Hanoi (VNA) - Vietnamese firms have been urged to adopt aggressive risk management tools to shield export and import operations and defend market share as global tensions escalate.
Seafood sector feels the squeeze
Le Hang, Deputy Secretary-General of the Vietnam Association of Seafood Exporters and Producers (VASEP), said the seafood industry is absorbing multiple shocks from geopolitical friction, with Middle Eastern conflicts hitting particularly hard.
"The seafood sector depends heavily on maritime transport and cold chain infrastructure. When the conflict erupts, freight costs spike, directly eroding competitiveness. Shipping lines may impose additional surcharges or divert vessels via Africa, adding five to seven days of transit and driving up operating costs”, she said.

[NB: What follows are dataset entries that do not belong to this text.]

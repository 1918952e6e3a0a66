-- ===== src/Generics/Select.antt =====
-- `SelectG`.
pub mod Loops
pub mod Pointers
pub mod Grown
use sqlx_v.Prelude.{
  ℕ, zero, suc, ◌+◌, ◌-◌, ◌*◌, Bool, true, false, not, ◌&&◌, Option, none, some, List, [], ◌∷◌,
  ◌==◌, ltb, leb, if◌then◌else◌, Bytes, length, replicate,
}
use sqlx_v.Errors.{Error, errorf, plain, Result, ok, fail, panics, ◌>>=◌, wrap}
use sqlx_v.GoStrings.{itoa}
use sqlx_v.Value.{GoType, kind, is_pointer}
use sqlx_v.Reflectx.Mapper.{Mapper}
use sqlx_v.Reflectx.Address.{Memory}
use sqlx_v.Reflectx.Tags.{Setting}
use sqlx_v.Reflectx.TypeMap.{type_map}
use sqlx_v.Engine.Meta.{FieldMeta}
use sqlx_v.Engine.Dest.{Slot, empty, populate_scan_dest, is_scannable}
use sqlx_v.Engine.Scan.{SqlRows, close_rows, Caches, Scan, scan_scannable, scan_struct}
use sqlx_v.Engine.Scan.Select.{Item, copied_item, cells_from, new_object, append_item}
use sqlx_v.Handles.{Queryer, extract_meta}
use sqlx_v.Generics.{has_no_type, is_asserted, elem_type, deferred_close, row_error, meta_for}

-- `for rows.Next() { … }`, whose body returns its errors.
unfoldable pub each_row :
    {R Y : Type 0}
    → (R → Scan Y → Scan Y × Result (Unit {0}))
    → List R
    → Scan Y
    → Scan Y × Result (Unit {0})
each_row body [] w = (w, ok tt)
each_row body (row ∷ rows) w =
    let (w', r) = body row w in
    elim r [ ok _ ↦ each_row body rows w' | fail e ↦ (w', fail e) | panics ↦ (w', panics) ]

-- The slice `results` of structs: the address of its array, `len` and `cap`.
pub record Elements : Type 0 where
  pub base : ℕ
  pub len : ℕ
  pub capacity : ℕ

-- `copy` of `k` cells, from `source` to `target`.
abbrev pub copy_cells : ℕ → ℕ → ℕ → Memory → Memory
copy_cells target source k m = record m {
  cell =
      λ q. if leb target q && ltb q (target + k) then m.cell (source + (q - target)) else m.cell q;
}

-- Zeros in the `n` cells from `p`.
abbrev pub zero_cells : ℕ → ℕ → Memory → Memory
zero_cells p n m = record m { cell = λ q. if leb p q && ltb q (p + n) then 0 else m.cell q }

-- `newCap`.
abbrev pub next_capacity : ℕ → ℕ
next_capacity c = if c * 2 == 0 then 8 else c * 2

-- `if len(results) == cap(results) { … }`, for elements of `n` cells.
unfoldable pub grow : ℕ → Elements → Memory → Elements × Memory
grow n a m =
    let new_cap = next_capacity a.capacity in
    let (p, m') = new_object (new_cap * n) m in
    if a.len == a.capacity
    then (record a { base = p; capacity = new_cap }, copy_cells p a.base (a.len * n) m')
    else (a, m)

-- The elements of the slice that is returned.
unfoldable pub read_elements : Memory → ℕ → ℕ → ℕ → List Item
read_elements m base n zero = []
read_elements m base n (suc k) = copied_item (cells_from m base n) ∷ read_elements m (base + n) n k

-- A call with what it leaves.
pub record Selected (R : Type 0) : Type 0 where
  pub memory : Memory
  pub results : Result (List Item)
  pub rows : SqlRows R
  pub caches : Caches

-- Behind the loop.
abbrev pub all_results :
    {Y : Type 0}
    → Option Error
    → (Memory → Y → List Item)
    → Scan Y × Result (Unit {0})
    → Memory × Result (List Item)
all_results err read (w, ok _) = (w.memory, row_error err (ok (read w.memory w.out)))
all_results err read (w, fail e) = (w.memory, fail e)
all_results err read (w, panics) = (w.memory, panics)

-- Items are themselves, wherever they were written.
abbrev pub as_they_are : Memory → List Item → List Item
as_they_are m items = items

-- `results = append(results, vp.(T))`, by the assertion.
abbrev pub append_asserted :
    Bool → Bool → ℕ → ℕ → Memory → List Item → List Item × Result (Unit {0})
append_asserted true is_ptr n vp m items = append_item is_ptr n vp m items
append_asserted false is_ptr n vp m items = (items, panics)

module _ {R : Type 0} (env : Setting) (size : GoType → ℕ)
    (sql_scan : R → List Slot → Memory → Memory × Result (Unit {0})) where
  -- The body of the loop over structs, where `T` is no pointer.
  unfoldable pub scan_element :
      ℕ → List FieldMeta → R → Scan Elements → Scan Elements × Result (Unit {0})
  unfolding grow
  scan_element n meta row w =
      let (a, m) = grow n w.out w.memory in
      let p = a.base + a.len * n in
      let (dest, m') = populate_scan_dest size p meta w.scan_dest (zero_cells p n m) in
      let (m'', r) = sql_scan row dest m' in
      (
        record { memory = m''; scan_dest = dest; out = record a { len = a.len + 1 } },
        wrap "sqlx: struct scan error: %w" r,
      )

  unfoldable pub select_elements :
      SqlRows R → ℕ → List FieldMeta → List Slot → Memory → Memory × Result (List Item)
  unfolding each_row scan_element read_elements
  select_elements rows n meta dest memory =
      all_results rows.err (λ m a. read_elements m a.base n a.len)
        (each_row (scan_element n meta) rows.pending (record {
          memory = memory;
          scan_dest = dest;
          out = record { base = 0; len = 0; capacity = 0 };
        }))

  -- With the pointers to structs; the body is the one of `iterateScan`, but for the assertion.
  unfoldable pub select_pointers :
      SqlRows R → Bool → ℕ → List FieldMeta → List Slot → Memory → Memory × Result (List Item)
  unfolding each_row scan_struct
  select_pointers rows asserted n meta dest memory = all_results rows.err as_they_are (
      each_row (scan_struct env size sql_scan (new_object n) (append_asserted asserted true n) meta)
        rows.pending (record { memory = memory; scan_dest = dest; out = [] }))

  -- Behind `buildMeta`.
  unfoldable pub select_structs :
      SqlRows R
      → Bool
      → Bool
      → ℕ
      → List Bytes
      → Memory
      → Result (List FieldMeta)
      → Memory × Result (List Item)
  unfolding select_elements select_pointers
  select_structs rows is_ptr asserted n columns memory (ok meta) =
      let dest = replicate (length columns) empty in
      if is_ptr
      then select_pointers rows asserted n meta dest memory
      else select_elements rows n meta dest memory
  select_structs rows is_ptr asserted n columns memory (fail e) = (memory, fail e)
  select_structs rows is_ptr asserted n columns memory panics = (memory, panics)

  unfoldable pub select_scannables :
      SqlRows R → Bool → Bool → GoType → List Bytes → Memory → Memory × Result (List Item)
  unfolding each_row scan_scannable
  select_scannables rows is_ptr asserted t columns memory =
      if not (length columns == 1)
      then (
        memory,
        fail (
            plain "sqlx: scannable dest type %s with >1 columns (%d)" (itoa (length columns) ∷ [])),
      )
      else all_results rows.err as_they_are (
          each_row
            (scan_scannable env size sql_scan (new_object (size t))
              (append_asserted asserted is_ptr (size t)) t)
            rows.pending (record { memory = memory; scan_dest = []; out = [] }))

  -- Behind `rows.Columns()`; `t` is `elemType`.
  unfoldable pub select_columns :
      SqlRows R
      → Bool
      → Bool
      → GoType
      → Bool
      → Bool
      → List Bytes
      → Caches
      → Memory
      → (Memory × Result (List Item)) × Caches
  unfolding select_scannables select_structs meta_for
  select_columns rows is_ptr asserted t is_unsafe strict columns caches memory =
      if is_scannable env.scanner t
      then (select_scannables rows is_ptr asserted t columns memory, caches)
      else let (tm, types') = type_map env t caches.types in
        let (meta, metas') = meta_for env t is_unsafe strict columns tm caches.metas in
        (
          select_structs rows is_ptr asserted (size t) columns memory meta,
          record { types = types'; metas = metas' },
        )

  -- Behind the query, without the deferred function.
  unfoldable pub select_rows :
      SqlRows R → GoType → Bool → Bool → Caches → Memory → (Memory × Result (List Item)) × Caches
  unfolding select_columns
  select_rows rows t is_unsafe strict caches memory =
      if has_no_type t then ((memory, panics), caches) else elim rows.columns [
        | ok columns ↦
            select_columns rows (is_pointer (kind t)) (is_asserted t) (elem_type t) is_unsafe strict
              columns caches memory
        | fail e ↦ ((memory, fail (errorf "sqlx: error getting columns: %w" [] e)), caches)
        | panics ↦ ((memory, panics), caches)
      ]

  -- Behind the query, with what `extractMeta` finds.
  unfoldable pub select_with : SqlRows R → GoType → Bool → Bool → Caches → Memory → Selected R
  unfolding select_rows
  select_with rows t is_unsafe strict caches memory =
      let (end_of, caches') = select_rows rows t is_unsafe strict caches memory in
      record {
        memory = end_of.0;
        results = deferred_close rows.close_err end_of.1;
        rows = close_rows rows;
        caches = caches';
      }

-- `SelectG`; `queried` is what `q.QueryContext` returns.
unfoldable pub select_g :
    {R : Type 0}
    → Mapper
    → Setting
    → (GoType → ℕ)
    → (R → List Slot → Memory → Memory × Result (Unit {0}))
    → Queryer
    → Result (SqlRows R)
    → GoType
    → Caches
    → Memory
    → Result (Selected R)
unfolding extract_meta select_with
select_g default_mapper env size sql_scan q queried t caches memory = do
  rows ← wrap "sqlx: error in SelectG: %w" queried
  let (is_unsafe, strict, mapper) = extract_meta default_mapper q
  ok (
      select_with (record env { mapper = mapper }) size sql_scan rows t is_unsafe strict caches
        memory)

According to her, updating freight rate changes through VASEP, the Ministry of Industry and Trade, and relevant agencies lets firms rapidly recalibrate strategy. She added that equally critical is securing a stable raw material supply to meet demand, including when probing new export markets.
Truong Xuan Trung from the Vietnam Trade Office in the United Arab Emirates (UAE) said aviation, tourism, and logistics are also getting squeezed as airports and transport corridors face operational curbs, while disruption to key regional shipping lanes compounds cargo complications.
The UAE cut oil output by 500,000-800,000 barrels per day after the conflict broke out, and several extraction and processing facilities suspended operations, which threatens to pump up international logistics and transport costs, lift production expenses, and weaken the competitiveness of export goods.
Trung said Vietnamese enterprises should zero in on risks, including transport breakdowns, extended delivery timelines, cargo spoilage, and payment exposure from volatile markets.
‘End of Voyage’ clause: A contractual landmine
Ngo Khac Le, Deputy Secretary-General of the Vietnam Logistics Business Association, cautioned that one critical risk scenario companies need to monitor closely is the "End of Voyage" clause. Embedded in bills of lading from major shipping lines, the provision lets carriers abort a voyage and drop cargo at an unscheduled port on war, danger, or on the grounds of force majeure.
Courts and arbitration panels have largely upheld the clause when lines prove the original route was unsafe or impractical and their actions were reasonable, but it cannot be deployed as a catch-all. If a discharge is judged unnecessary, cargo owners can still pursue compensation. Voyage termination does not just disrupt a single shipment; it can ricochet across global logistics networks, triggering port congestion, vessel shortages, container scarcity, and cascading delays.
"Firms need to scrutinise sales contracts and chosen Incoterms to pin down which party wears the risk and extra costs when cargo is dumped at an unscheduled port," Le said.
Once liability is mapped, they can evaluate response options. These include arranging onward haulage to the intended destination or an alternative port, stripping cargo from containers for redistribution, or redirecting shipments to different buyers. Other options are locating new local buyers, returning goods to the port of origin, storing cargo until market conditions settle, or, when costs exceed cargo value, considering abandoning the freight.
In parallel, they should scrub cargo insurance contracts to determine if such events fall within coverage and exactly when the policy clock runs out. For shipments still under negotiation, Le advised considering a pause to reassess transport plans against the current geopolitical backdrop.
To contain exposure and manage cargo flow, exporters must proactively coordinate with every link in the supply chain, staying in tight contact with shipping lines for updates on port conditions and alternative routing while working with buyers or sellers to agree on cargo-handling solutions.
When letters of credit come into play, early engagement with banks is essential to untangle documentation and payment snarls.
Across all scenarios, Le told companies to retain all relevant records, including bills of lading, shipping notices, correspondence, storage receipts, sales contracts, insurance agreements, and photos of containers and cargo at discharge, to protect their interests in disputes or insurance claims.
Minimising future risks
Le stressed that exporters should reassess transport contracts and bills of lading first, zeroing in on war risk or deviation clauses that permit route changes. When negotiating sales contracts, they should consider adding clauses that address vessels altering routes or discharging cargo outside planned destinations. Enterprises also need to bulk up logistics insurance coverage and weigh broadening protection against geopolitical blowback.
Diversifying transport corridors and transshipment hubs is another key lever to avoid overdependence on a single route or carrier. They should simultaneously line up backup customers and new markets to cut vulnerability when specific corridors or markets falter.
Building contingency logistics plans is now the norm. They should map out alternative transshipment ports in advance, diversify transport methods through single-mode or multimodal options, and lock in partnerships with bonded warehouses and logistics providers in major transit hubs./.